Na Gerdau, por outro lado, as margens caíram de 15% para 6% no mesmo período. Pelos planos da Gerdau, a companhia deve elevar a produção de suas minas no interior de Minas Gerais dos 7 milhões, previstos para 2012, para 25 milhões de toneladas por ano.

Estima-se que a nova atividade renda uma receita extra de aproximadamente 5 bilhões de reais por ano. Mais importante que isso, o lucro com a operação deve ultrapassar a casa do bilhão de reais, o que ajudaria a recuperar as deterioradas margens da Gerdau.
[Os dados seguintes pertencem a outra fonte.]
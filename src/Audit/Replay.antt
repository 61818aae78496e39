-- ===== src/Audit/Replay.antt =====
-- A chain verifies exactly when it is what appending its own events gives.
use mathlib.Core.List.{append-nil, append_assoc}
use bound_seal.Common.{
  ℕ, suc, ◌+◌, ◌≡◌, refl, sym, ◌∙◌, ap, subst, ◌↔◌, true, not, List, [], ◌∷◌, ◌++◌, map, ◌==◌,
  length, length-append, u64, Result, ok, ◌>>=◌, fail_if-then, fail_if-eq-ok, >>=-eq-ok, arith,
}
use bound_seal.Std.Text.{Text, eq_text}
use bound_seal.Std.Order.{list_ord, nat_ord, same_iff, same_refl}
use bound_seal.Audit.{
  AuditRecord, AuditChain, AuditError, HashLib, hash_material, new, push_record, append,
  verify_from, verify, genesis_hash,
}

module _ {E : Type 0} (lib : HashLib E) where
  -- Appending one event after another.
  unfoldable pub append_all : AuditChain E → List E → Result AuditError (AuditChain E)
  append_all c [] = ok c
  append_all c (e ∷ es) = append lib c e >>= λ d. append_all d es

  abbrev pub events : List (AuditRecord E) → List E
  events = map λ r. r.event

  -- The chain with its hash-linked records so far.
  abbrev chain : List (AuditRecord E) → Text → AuditChain E
  chain rs tail = record { records = rs; tail_hash = tail }

  pub verify_step :
      (index : ℕ) (previous : Text) (r : AuditRecord E) (rs : List (AuditRecord E)) {tail : Text}
      → verify_from lib index previous (r ∷ rs) ≡ ok tail
      → (hash_material lib (u64 (index + 1)) previous r.event ≡ ok r.record_hash)
        × (r ≡ record {
          sequence = u64 (index + 1);
          previous_hash = previous;
          event = r.event;
          record_hash = r.record_hash;
        })
        × (verify_from lib (index + 1) r.record_hash rs ≡ ok tail)
  unfolding verify_from
  verify_step index previous r rs e =
      let (numbered, e) = fail_if-then (not (r.sequence == u64 (index + 1))) _ _ e in
      let (linked, e) = fail_if-then (not (eq_text r.previous_hash previous)) _ _ e in
      let (h, hashed, e) = >>=-eq-ok (hash_material lib r.sequence r.previous_hash r.event) _ e in
      let (stored, e) = fail_if-then (not (eq_text r.record_hash h)) _ _ e in
      let number : r.sequence ≡ u64 (index + 1) = ground arith in
      let link : r.previous_hash ≡ previous = ground (arith, same_iff r.previous_hash previous) in
      let store : r.record_hash ≡ h = ground (arith, same_iff r.record_hash h) in
      (rw (← number, ← link, store) hashed, rw (number, link) refl, rw store e)

  verify-append_all :
      (before rs : List (AuditRecord E)) (previous tail : Text)
      → verify_from lib (length before) previous rs ≡ ok tail
      → append_all (chain before previous) (events rs) ≡ ok (chain (before ++ rs) tail)
  unfolding append_all append push_record verify_from
  verify-append_all before [] previous tail e =
      let same_tail : previous ≡ tail = cc in rw (append-nil before, same_tail) refl
  verify-append_all before (r ∷ rs) previous tail e =
      let (hashed, form, rest) = verify_step (length before) previous r rs e in
      let next : append lib (chain before previous) r.event
          ≡ ok (chain (before ++ r ∷ []) r.record_hash) =
        rw hashed (ap (λ x. ok (chain (before ++ x ∷ []) r.record_hash)) (sym form)) in
      let longer : length (before ++ r ∷ []) ≡ length before + 1 =
        omega (arith, length-append before (r ∷ [])) in
      let after =
        verify-append_all (before ++ r ∷ []) rs r.record_hash tail
          (subst (λ n. verify_from lib n r.record_hash rs ≡ ok tail) (sym longer) rest) in
      rw next (after ∙ ap (λ x. ok (chain x tail)) (append_assoc before (r ∷ []) rs))

  pub verify-parts :
      (c : AuditChain E) {u : Unit {0}}
      → verify lib c ≡ ok u
      → verify_from lib 0 genesis_hash c.records ≡ ok c.tail_hash
  unfolding verify
  verify-parts c e =
      let (t, run, e) = >>=-eq-ok (verify_from lib 0 genesis_hash c.records) _ e in
      let ended = fail_if-eq-ok (not (eq_text c.tail_hash t)) _ e in
      let same_tail : c.tail_hash ≡ t = ground (arith, same_iff c.tail_hash t) in rw same_tail run

  verify-whole :
      (c : AuditChain E)
      → verify_from lib 0 genesis_hash c.records ≡ ok c.tail_hash
      → verify lib c ≡ ok tt
  unfolding verify
  verify-whole c e = rw (e, same_refl c.tail_hash) refl

  -- The record that `append` would write at this index.
  abbrev linked : ℕ → Text → E → Text → AuditRecord E
  linked index previous event h = record {
    sequence = u64 (index + 1);
    previous_hash = previous;
    event = event;
    record_hash = h;
  }

  verify-linked :
      (index : ℕ) (previous h : Text) (event : E) (rs : List (AuditRecord E)) {tail : Text}
      → hash_material lib (u64 (index + 1)) previous event ≡ ok h
      → verify_from lib (index + 1) h rs ≡ ok tail
      → verify_from lib index previous (linked index previous event h ∷ rs) ≡ ok tail
  unfolding verify_from
  verify-linked index previous h event rs hashed rest =
      let numbered : (u64 (index + 1) == u64 (index + 1)) ≡ true = ground arith in
      rw (numbered, same_refl previous, hashed, same_refl h) rest

  pub verify_from-append :
      (index : ℕ) (previous tail h : Text) (rs : List (AuditRecord E)) (event : E)
      → verify_from lib index previous rs ≡ ok tail
      → hash_material lib (u64 (index + length rs + 1)) tail event ≡ ok h
      → verify_from lib index previous (rs ++ linked (index + length rs) tail event h ∷ []) ≡ ok h
  unfolding verify_from
  verify_from-append index previous tail h [] event e k =
      let start : index + 0 ≡ index = omega arith in
      let same_tail : previous ≡ tail = cc in
      subst (λ n. verify_from lib index previous (linked n tail event h ∷ []) ≡ ok h) (sym start)
        (subst (λ t. verify_from lib index previous (linked index t event h ∷ []) ≡ ok h) same_tail
          (verify-linked index previous h event [] (rw (same_tail, ← start) k) refl))
  verify_from-append index previous tail h (r ∷ rs) event e k =
      let (hashed, form, rest) = verify_step index previous r rs e in
      let shift : index + suc (length rs) ≡ index + 1 + length rs = omega arith in
      let after =
        verify_from-append (index + 1) r.record_hash tail h rs event rest
          (subst (λ n. hash_material lib (u64 (n + 1)) tail event ≡ ok h) shift k) in
      subst (λ n. verify_from lib index previous (r ∷ rs ++ linked n tail event h ∷ []) ≡ ok h)
        (sym shift)
        (subst
          (λ x.
            verify_from lib index previous
              (x ∷ rs ++ linked (index + 1 + length rs) tail event h ∷ [])
            ≡ ok h)
          (sym form) (verify-linked index previous r.record_hash r.event _ hashed after))

  -- Appending to a chain that verifies gives a chain that verifies.
  pub append-verify :
      (c d : AuditChain E) (event : E)
      → verify lib c ≡ ok tt
      → append lib c event ≡ ok d
      → verify lib d ≡ ok tt
  unfolding append push_record
  append-verify c d event v e =
      let (h, hashed, e) =
        >>=-eq-ok (hash_material lib (u64 (length c.records + 1)) c.tail_hash event) _ e in
      let made : chain (c.records ++ linked (length c.records) c.tail_hash event h ∷ []) h ≡ d =
        cc in
      let start : 0 + length c.records ≡ length c.records = omega arith in
      let run = verify_from-append 0 genesis_hash c.tail_hash h c.records event (verify-parts c v) (
        subst (λ n. hash_material lib (u64 (n + 1)) c.tail_hash event ≡ ok h) (sym start) hashed) in
      subst (λ x. verify lib x ≡ ok tt) made
        (verify-whole _ (
          subst
            (λ n.
              verify_from lib 0 genesis_hash (c.records ++ linked n c.tail_hash event h ∷ [])
              ≡ ok h)
            start run))

  append_all-verify :
      (c d : AuditChain E) (es : List E)
      → verify lib c ≡ ok tt
      → append_all c es ≡ ok d
      → verify lib d ≡ ok tt
  unfolding append_all
  append_all-verify c d [] v e = let same_chain : c ≡ d = cc in rw (← same_chain) v
  append_all-verify c d (x ∷ es) v e =
      let (b, appended, e) = >>=-eq-ok (append lib c x) _ e in
      append_all-verify b d es (append-verify c b x v appended) e

  pub new-verify : verify lib (new lib) ≡ ok tt
  unfolding verify new verify_from
  new-verify = rw (same_refl genesis_hash) refl

  -- A chain verifies exactly when appending its events, in order, to a new chain gives that chain.
  -- Nothing is assumed of the hash or of the JSON writer.
  pub verify-append_all_iff :
      (c : AuditChain E) → (verify lib c ≡ ok tt) ↔ (append_all (new lib) (events c.records) ≡ ok c)
  unfolding new
  verify-append_all_iff c = (
    λ v. verify-append_all [] c.records genesis_hash c.tail_hash (verify-parts c v),
    λ e. append_all-verify (new lib) c (events c.records) new-verify e,
  )
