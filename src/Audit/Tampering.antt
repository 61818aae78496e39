-- ===== src/Audit/Tampering.antt =====
-- Two chains with one tail hash: the same records, or a collision of the hash.
use bound_seal.Common.{
  ℕ, ◌+◌, ◌≡◌, ◌≢◌, refl, ◌∙◌, ap, ◌⊎◌, inl, inr, List, [], ◌∷◌, length, u64, ok, arith, Bool-cases,
}
use bound_seal.Std.Text.{Text, eq_text}
use bound_seal.Std.Order.{list_ord, nat_ord, same_iff}
use bound_seal.Audit.{
  AuditRecord, AuditChain, HashLib, hash_material, verify_from, verify, genesis_hash,
}
use bound_seal.Audit.Replay.{verify_step, verify-parts}

module _ {E : Type 0} (lib : HashLib E) where
  -- Two different materials with one hash.
  pub record Collision : Type 0 where
    pub number : ℕ
    pub previous1 : Text
    pub previous2 : Text
    pub event1 : E
    pub event2 : E
    pub hash : Text
    pub differ : (previous1 ≢ previous2) ⊎ (event1 ≢ event2)
    pub first : hash_material lib number previous1 event1 ≡ ok hash
    pub second : hash_material lib number previous2 event2 ≡ ok hash

  module _ (dec : Discrete E) where
    same_link :
        (number : ℕ) (p q : Text) (d e : E) (h : Text)
        → hash_material lib number p d ≡ ok h
        → hash_material lib number q e ≡ ok h
        → Collision ⊎ ((p ≡ q) × (d ≡ e))
    same_link number p q d e h x y = elim (Bool-cases (eq_text p q)) [
      | inl s ↦ elim (dec d e) [
        | yes t ↦ inr ((same_iff p q).0 s, t)
        | no n ↦ inl (record {
          number = number;
          previous1 = p;
          previous2 = q;
          event1 = d;
          event2 = e;
          hash = h;
          differ = inr n;
          first = x;
          second = y;
        })
      ]
      | inr s ↦ inl (record {
        number = number;
        previous1 = p;
        previous2 = q;
        event1 = d;
        event2 = e;
        hash = h;
        differ = inl (λ t. cc ((same_iff p q).1 t));
        first = x;
        second = y;
      })
    ]

    same_records :
        (index : ℕ) (p q tail : Text) (rs ss : List (AuditRecord E))
        → length rs ≡ length ss
        → verify_from lib index p rs ≡ ok tail
        → verify_from lib index q ss ≡ ok tail
        → Collision ⊎ ((p ≡ q) × (rs ≡ ss))
    unfolding verify_from
    same_records index p q tail [] [] l x y = inr (cc, refl)
    same_records index p q tail [] (s ∷ ss) l x y = absurd (omega arith)
    same_records index p q tail (r ∷ rs) [] l x y = absurd (omega arith)
    same_records index p q tail (r ∷ rs) (s ∷ ss) l x y =
        let (hx, fx, x) = verify_step lib index p r rs x in
        let (hy, fy, y) = verify_step lib index q s ss y in
        elim (same_records (index + 1) r.record_hash s.record_hash tail rs ss (omega arith) x y) [
          | inl c ↦ inl c
          | inr (h, e) ↦
              elim (same_link (u64 (index + 1)) p q r.event s.event r.record_hash hx (rw h hy)) [
                | inl c ↦ inl c
                | inr (l, d) ↦ inr (l, cc)
              ]
        ]

    -- Two chains of one length that verify and have the same tail hash hold the same records, or
    -- they exhibit two different materials with one hash: no record can be changed, dropped for
    -- another or reordered under a kept tail hash without a collision.
    pub verify_unique :
        (c d : AuditChain E)
        → length c.records ≡ length d.records
        → c.tail_hash ≡ d.tail_hash
        → verify lib c ≡ ok tt
        → verify lib d ≡ ok tt
        → Collision ⊎ (c.records ≡ d.records)
    verify_unique c d l t x y =
        elim (same_records 0 genesis_hash genesis_hash d.tail_hash c.records d.records l
          (verify-parts lib c x ∙ ap ok t) (verify-parts lib d y)) [
            | inl collision ↦ inl collision
            | inr (_, e) ↦ inr e
          ]
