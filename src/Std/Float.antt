-- ===== src/Std/Float.antt =====
-- `f64` and the conversions between `Duration` and seconds. A duration is its number of
-- nanoseconds. The operations are parameters: nothing is assumed of rounding.
use bound_seal.Common.{ℕ, ◌≡◌, Bool, false, Option}

pub record Float64 : Type 1 where
  pub F : Type 0
  -- a literal such as `1.0`
  pub literal : ℕ → F
  pub is_finite : F → Bool
  pub lt : F → F → Bool
  pub le : F → F → Bool
  pub add : F → F → F
  pub sub : F → F → F
  pub mul : F → F → F
  pub div : F → F → F
  pub min : F → F → F
  pub max : F → F → F
  -- `Duration::as_secs_f64`
  pub as_secs_f64 : ℕ → F
  -- `Duration::from_secs_f64`; `none` is its panic
  pub from_secs_f64 : F → Option ℕ

-- `x < x` is false, also for a NaN.
abbrev pub IsIrreflexive : Float64 → Type 0
IsIrreflexive f = (x : f.F) → f.lt x x ≡ false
“Essa operação força o mercado a embutir no preço da ação da Gerdau os ativos de minério, o que não acontecia antes”, diz Claudio Pitchon, diretor responsável pela área de mineração e metais nas Américas do banco WestLB.
 
Com sócio, sem dívida 
 
Com um ativo tão valioso em mãos, por que a Gerdau ainda busca um sócio para a empreitada? A resposta está na diluição do risco de exploração. Estima-se que, para chegar ao nível de produção de minério planejado pela empresa, seja necessário investir 4,5 bilhões de dólares — ou quase duas vezes a geração de caixa da Gerdau.
 
“Sem um sócio, a empresa teria de se endividar pesadamente para dar conta desses investimentos”, diz Rafael Weber, analista da corretora Geração Futuro. “Além disso, qualquer atraso ou problema na mina poderia drenar os investimentos em outros projetos de siderurgia, que é, afinal, seu negócio principal.”
 
A estratégia é semelhante à utilizada pela CSN e pela Usiminas, que venderam participações em seus ativos de mineração em 2008 e 2010, respectivamente, para diminuir seus riscos. Em 2009, no auge da crise, a Gerdau teve de renegociar seus limites de endividamento com aproximadamente 40 instituições financeiras, o que acabou por encarecer os custos com a dívida em cerca de 60 milhões de reais.
 
Para evitar que isso aconteça novamente, a companhia captou quase 5 bilhões de reais em uma nova emissão de ações em abril do ano passado. A ideia é que esse dinheiro garanta o baixo nível de endividamento até que as minas da empresa comecem a exportar o minério excedente, algo que deve começar a acontecer em dois anos.
 
A mina só deve atingir a capacidade plena em 2017. Até lá, a Gerdau terá de se contentar com o aço — como se viu, um produto com problemas de alto valor agregado.